O Corinthians, na ausência de interessados relevantes, fechou patrocínio com a Fatal Fans, associada ao conteúdo adulto, embora tenha sido erroneamente confundida com outra marca da mesma empresa, a Fatal Model.

A empresa que firmou contrato com o Timão é uma plataforma de conteúdo na qual qualquer pessoa pode publicar vídeos, disponibilizados mediante assinatura, com o valor definido pelo próprio criador, que repassa 15% da arrecadação à plataforma.

Não é obrigatório que o material seja pornográfico, embora a maior parte, de fato, o seja.

O site concorre diretamente com a OnlyFans, que opera de maneira semelhante.

Não se trata, portanto, de intermediação de garotas de programa, como foi erroneamente informado por alguns setores da mídia e também por pessoas ligadas ao próprio Corinthians.

Esse, sim, é o serviço oferecido pela Fatal Model, com a qual a Fatal Fans vem sendo confundida.

Feitos os devidos esclarecimentos, é preciso dizer que, seja a Fatal Fans, ou mesmo se fosse a Fatal Model, ambas são mais aceitáveis do que qualquer propaganda de bets estampada — como ocorre atualmente — na camisa do clube.

Somente a hipocrisia pode demonizar os negócios da Fatal enquanto, ao mesmo tempo, fecham-se os olhos para a divulgação, por meio do mais popular clube do país, de marcas que estimulam a ludopatia.

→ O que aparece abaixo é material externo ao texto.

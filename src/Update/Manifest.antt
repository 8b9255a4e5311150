-- ===== src/Update/Manifest.antt =====
-- kernel/runtime/update.c: the manifest of an update, lines of the form key=value. What is left of
-- the text at `pos` is a list of bytes.
use osai.Prelude.{
  Status, ℕ, zero, suc, ◌+◌, ◌-◌, ◌*◌, ◌%◌, ◌^◌, Bool, ◌&&◌, ◌||◌, Option, none, some, List, [],
  ◌∷◌, length, take, ltb, leb, ◌==◌, if◌then◌else◌, bit_or, bit_and,
}
use osai.Prelude.Status.{ok, invalid}
use osai.Update.{Updates}
use osai.Update.Target.{char_at}

-- `xaios_update_manifest_t`
pub record Manifest : Type 0 where
  pub version : ℕ
  pub target : List ℕ
  pub payload_size : ℕ
  pub payload_hash : List ℕ
  pub generation : ℕ

abbrev pub no_manifest : Manifest
no_manifest = record {
  version = 0;
  target = [];
  payload_size = 0;
  payload_hash = [];
  generation = 0;
}

-- The end of a line.
abbrev pub is_newline : ℕ → Bool
is_newline c = c == 10 || c == 13

-- "Skip whitespace/newlines"
unfoldable pub skip_space : List ℕ → List ℕ
skip_space [] = []
skip_space (c ∷ s) = let rest = skip_space s in if is_newline c || c == 32 then rest else c ∷ s

-- "Find '=' separator": the key, and what follows the sign.
unfoldable pub find_separator : List ℕ → Option (List ℕ × List ℕ)
find_separator [] = none
find_separator (c ∷ s) =
    let rest = find_separator s in
    if c == b'='
    then some ([], s)
    else elim rest [ none ↦ none | some (key, after) ↦ some (c ∷ key, after) ]

-- "Find end of value": the value, and the rest from the end of its line.
unfoldable pub find_end : List ℕ → List ℕ × List ℕ
find_end [] = ([], [])
find_end (c ∷ s) =
    let (value, rest) = find_end s in if is_newline c then ([], c ∷ s) else (c ∷ value, rest)

-- The loop that reads a number of a width; other characters are skipped.
unfoldable pub read_number : ℕ → ℕ → List ℕ → ℕ
read_number width v [] = v
read_number width v (c ∷ s) =
    read_number width (if leb b'0' c && leb c b'9' then (v * 10 + (c - b'0')) % 2 ^ width else v) s

-- `hex_digit`; none for -1.
unfoldable pub hex_digit : ℕ → Option ℕ
hex_digit c =
    if leb b'0' c && leb c b'9'
    then some (c - b'0')
    else if leb b'a' c && leb c b'f'
    then some (10 + (c - b'a'))
    else if leb b'A' c && leb c b'F'
    then some (10 + (c - b'A'))
    else none

-- The loop over `k` bytes of the hash, two digits each; "(hi << 4) | lo" of two digits.
unfoldable pub read_hash : ℕ → List ℕ → Option (List ℕ)
unfolding hex_digit
read_hash zero s = some []
read_hash (suc k) (h ∷ l ∷ s) =
    let rest = read_hash k s in
    elim (hex_digit h) [
      | none ↦ none
      | some hi ↦ elim (hex_digit l) [
        | none ↦ none
        | some lo ↦ elim rest [ none ↦ none | some bytes ↦ some ((hi * 16 + lo) ∷ bytes) ]
      ]
    ]
read_hash (suc k) s = none

-- `out` and `fields_seen`.
abbrev pub Seen : Type 0
Seen = Manifest × ℕ

-- "Parse known keys", by the length of the key and its first letters; none for ERR_INVALID.
unfoldable pub read_field : List ℕ → List ℕ → Seen → Option Seen
unfolding read_number read_hash char_at
read_field key value (out, fields) =
    let len = length key in
    let k0 = char_at key 0 in
    let k1 = char_at key 1 in
    if len == 7 && k0 == b'v' && k1 == b'e' && char_at key 2 == b'r'
    then some (record out { version = read_number 32 0 value }, bit_or fields 1)
    else if len == 6 && k0 == b't' && k1 == b'a'
    then some (
      record out { target = take (if ltb (length value) 31 then length value else 31) value },
      bit_or fields 2,
    )
    else if len == 4 && k0 == b's' && k1 == b'i'
    then some (record out { payload_size = read_number 64 0 value }, bit_or fields 4)
    else if len == 4 && k0 == b'h' && k1 == b'a'
    then (if leb 64 (length value)
        then elim (read_hash 32 value) [
          | none ↦ none
          | some hash ↦ some (record out { payload_hash = hash }, bit_or fields 8)
        ]
        else some (out, fields))
    else if len == 10 && k0 == b'g' && k1 == b'e'
    then some (record out { generation = read_number 32 0 value }, bit_or fields 16)
    else some (out, fields)

-- The loop over the lines, on fuel; the inner none is an early ERR_INVALID.
unfoldable pub parse_loop : ℕ → List ℕ → Seen → Option (Option Seen)
unfolding skip_space find_separator find_end read_field
parse_loop zero text seen = none
parse_loop (suc fuel) text seen = elim (find_separator (skip_space text)) [
  | none ↦ some (some seen)
  | some (key, after) ↦ elim (read_field key (find_end after).0 seen) [
    | none ↦ some none
    | some seen' ↦ parse_loop fuel (find_end after).1 seen'
  ]
]

-- The end of `update_parse_manifest`.
unfoldable pub finish_parse : Option Seen → Updates → Status × Option Manifest × Updates
finish_parse none u = (invalid, none, u)
finish_parse (some (out, fields)) u =
    if bit_and fields 31 == 31
    then (
      ok,
      some out,
      record u { delivery = record u.delivery { bytes_expected = out.payload_size } },
    )
    else (invalid, none, u)

-- `update_parse_manifest` of a text that is not null, with the manifest if it is accepted. Every
-- line takes a '=' off the text: its length is fuel enough.
unfoldable pub parse_text : List ℕ → Updates → Option (Status × Option Manifest × Updates)
unfolding parse_loop finish_parse
parse_text text u = elim (parse_loop (suc (length text)) text (no_manifest, 0)) [
  | none ↦ none
  | some seen ↦ some (finish_parse seen u)
]

-- `update_parse_manifest`; the inner none is a null pointer. What is written to `out` before an
-- error is left out.
unfoldable pub update_parse_manifest :
    Option (List ℕ) → Updates → Option (Status × Option Manifest × Updates)
unfolding parse_text
update_parse_manifest none u = some (invalid, none, u)
update_parse_manifest (some text) u =
    if length text == 0 then some (invalid, none, u) else parse_text text u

Sem contar que a empresa de conteúdo atua legalmente no Brasil, enquanto a de bets, além de investigada por suposta associação ao crime organizado, é controlada por dinheiro que, ao que tudo indica, tem origem ilícita e provém de paraíso fiscal.

Não deixa de ser um avanço.

Vale lembrar que a gestão Stabile entregou a gestão da Arena de Itaquera a uma gestora de fundos associada ao PCC.